Within the photobioreactor, heat is generated through the solar thermal effect. This heat needs to be dissipated to prevent the overheating of the system. Indeed, for a stable production rate the temperature needs to be kept below 40°C. If this is done through a heat exchanger, the thermal energy can be recovered and used for heating–the bioreactor performs like a solar collector.
The shading factor depends on the density of cells. With a cell division rate of maximum one per day, the shading factor can be doubled within a day if the continuous harvesting process is suspended. The system represents an interactive, adaptive shading system. During times of high solar radiation the density of the cells increases, blocking the light. In contrast, the light transmission can be increased by an intensified harvesting process.
Because they can be completely recycled at the end of their life, Flat Panel Uplift Bioreactors represent and exciting technology that adheres to the principles of Cradle to Cradle.
Early in 2012 the research consortium installed the first operational prototypes of external louvers with integrated photobioreactors. The prototypes are approximately 2.60m high and 60cm wide and consist of four panes of monolithic glass. The panes form a central cavity of 18mm for the circulation of the medium and 16mm insulating cavities on either side. The glass panes are clamped along the entire perimeter to facilitate easy de-mounting. The bottom profile of the louver integrates all the pipes and valves that are required to service the photobioreactor. The prototypes are currently being tested and the results are promising. An entire façade with integrated PBR will be fitted in 2013 on the Smart Material House in Hamburg, designed by SPLITTERWERK Architects for the International Building Exhibition in Hamburg. This project will be the first to utilise bio-chemical processes in building components, generating biomass and heat, absorbing CO2 and providing adaptive shading.
This technology can play an important part in establishing surplus energy houses as a building standard. This opens the possibility of creating zero carbon neighborhoods. With the possibilities of local and decentralised generation of energy, directly at the site of the consumer and the associated short supply chains of local grids, entirely new perspectives arise for planning on urban scale. The interaction and cross-linkage between the individual building and its context, both with respect to generation and consumption of energy and emissions and capabilities to store and mitigate emissions will be more and more to the fore.
For a balanced eco-efficiency on the scale of a building cluster, a neighborhood or even a region, it is possible to define and embed the environmental characteristics of energy intensive building typologies with the natural and technical processes in the area.
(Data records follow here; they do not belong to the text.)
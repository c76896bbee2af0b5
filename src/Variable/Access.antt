-- ===== src/Variable/Access.antt =====
-- `ngx_http_php_var_get` and `ngx_http_php_var_set` of src/ngx_http_php_variable.c, and their callers
-- in src/php/impl/php_ngx_var.c. `none` is a read through NULL.
use ngx_php.Prelude.{ℕ, Bool, true, false, Option, none, some, ◌==◌, if◌then◌else◌}
use ngx_php.Handler.State.{Bytes}
use ngx_php.Headers.State.{Zval, is_null, is_string}

-- `ngx_http_variable_value_t`
pub record Value : Type 0 where
  pub valid : Bool
  pub not_found : Bool
  pub no_cacheable : Bool
  pub text : Bytes

-- `ngx_http_variable_t`: the flags NGX_HTTP_VAR_CHANGEABLE and NGX_HTTP_VAR_INDEXED, whether
-- `set_handler` is there, and `index`.
pub record Variable : Type 0 where
  pub changeable : Bool
  pub indexed : Bool
  pub has_set_handler : Bool
  pub index : ℕ

-- `r->variables`, and the rest of the request, which set handlers may write.
pub record Variables (R : Type 0) : Type 0 where
  pub values : ℕ → Value
  pub rest : R

-- What nginx does: `ngx_hash_strlow`, which writes the small letters over the name, the hash of the
-- variables, their set handlers, and `ngx_http_get_variable`.
pub record Hash (R : Type 0) : Type 0 where
  pub hash_strlow : Bytes → ℕ × Bytes
  pub hash_find : ℕ → Bytes → Option Variable
  pub set_handler : Variable → Value → Variables R → Variables R
  pub get_variable : Variables R → Bytes → ℕ → Option Value
  pub palloc_succeeds : Bool
  pub palloc_value_succeeds : Bool

-- What both ways to set a variable store.
abbrev pub stored : Bytes → Value
stored val = record { valid = true; not_found = false; no_cacheable = false; text = val }

module _ {R : Type 0} (nginx : Hash R) where
  unfoldable pub var_get : Bytes → Variables R → Option Value
  var_get name r =
      let (hash, name') = nginx.hash_strlow name in
      elim (nginx.get_variable r name' hash) [
        | none ↦ none
        | some var ↦ if var.not_found then none else some var
      ]

  -- `if (v) { … }`: 0 where the variable is set, else 1.
  unfoldable pub set_found : Variable → Bytes → Variables R → ℕ × Variables R
  set_found v val r =
      if v.changeable
      then if v.has_set_handler
        then if nginx.palloc_value_succeeds then (0, nginx.set_handler v (stored val) r) else (1, r)
        else if v.indexed
        then (0, record r { values = λ i. if i == v.index then stored val else r.values i })
        else (1, r)
      else (1, r)

  unfoldable pub var_set : Bytes → Bytes → Variables R → ℕ × Variables R
  unfolding set_found
  var_set key val r =
      if nginx.palloc_succeeds
      then (let (hash, key') = nginx.hash_strlow key in
          elim (nginx.hash_find hash key') [ none ↦ (1, r) | some v ↦ set_found v val r ])
      else (1, r)

  unfoldable pub ngx_var_get : Bytes → Variables R → Option Zval
  ngx_var_get key r = elim (var_get key r) [ none ↦ none | some var ↦ some (is_string var.text) ]

  -- The answer of `ngx_http_php_var_set` is dropped.
  unfoldable pub ngx_var_set : Bytes → Bytes → Variables R → Zval × Variables R
  ngx_var_set key val r = (is_null, (var_set key val r).1)

  -- The methods of the class `ngx_var` have the text of the functions.
  unfoldable pub var_get_method : Bytes → Variables R → Option Zval
  var_get_method key r = elim (var_get key r) [ none ↦ none | some var ↦ some (is_string var.text) ]

  unfoldable pub var_set_method : Bytes → Bytes → Variables R → Zval × Variables R
  var_set_method key val r = (is_null, (var_set key val r).1)
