-- ===== src/Variable/Found.antt =====
-- A read of a variable behind a write, over nginx's documented ways.
use ngx_php.Prelude.{ℕ, ◌≡◌, true, false, Option, some}
use ngx_php.Handler.State.{Bytes}
use ngx_php.Variable.Access.{Variable, Variables, Hash}

-- `ngx_http_get_variable` of an indexed variable gives its value in the request, if that is valid and
-- may be kept.
pub record GetsIndexed {R : Type 0} (nginx : Hash R) : Type 0 where
  pub gets :
      (r : Variables R) (name : Bytes) (hash : ℕ) (v : Variable)
      → nginx.hash_find hash name ≡ some v
      → v.indexed ≡ true
      → (r.values v.index).valid ≡ true
      → (r.values v.index).no_cacheable ≡ false
      → nginx.get_variable r name hash ≡ some (r.values v.index)

module _ {R : Type 0} (nginx : Hash R) where
  -- The variable that a name stands for.
  abbrev pub variable_of : Bytes → Option Variable
  variable_of name = nginx.hash_find (nginx.hash_strlow name).0 (nginx.hash_strlow name).1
The PBR technology is linking both cycles and in this sense a truly smart, multi-functional component based on Cradle to Cradle thinking.
Jan Wurm is an Associate at Arup in Berlin and a visiting professor at the Danish Technical University in Copenhagen. Jan’s passion is in architectural engineering: the interaction of technology, building materials and structure and the architectural form itself. His work on structural use of glass for the building envelope has made him an acknowledged and internationally recognised expert in this field. His book Structural Glass was published in German, English and Mandarin by Birkhäuser. After having worked for three years in Arup Materials Consulting and Arup Facade Engineering in London, Jan transferred to the Berlin office in 2008 to lead Arups European Region Materials Group.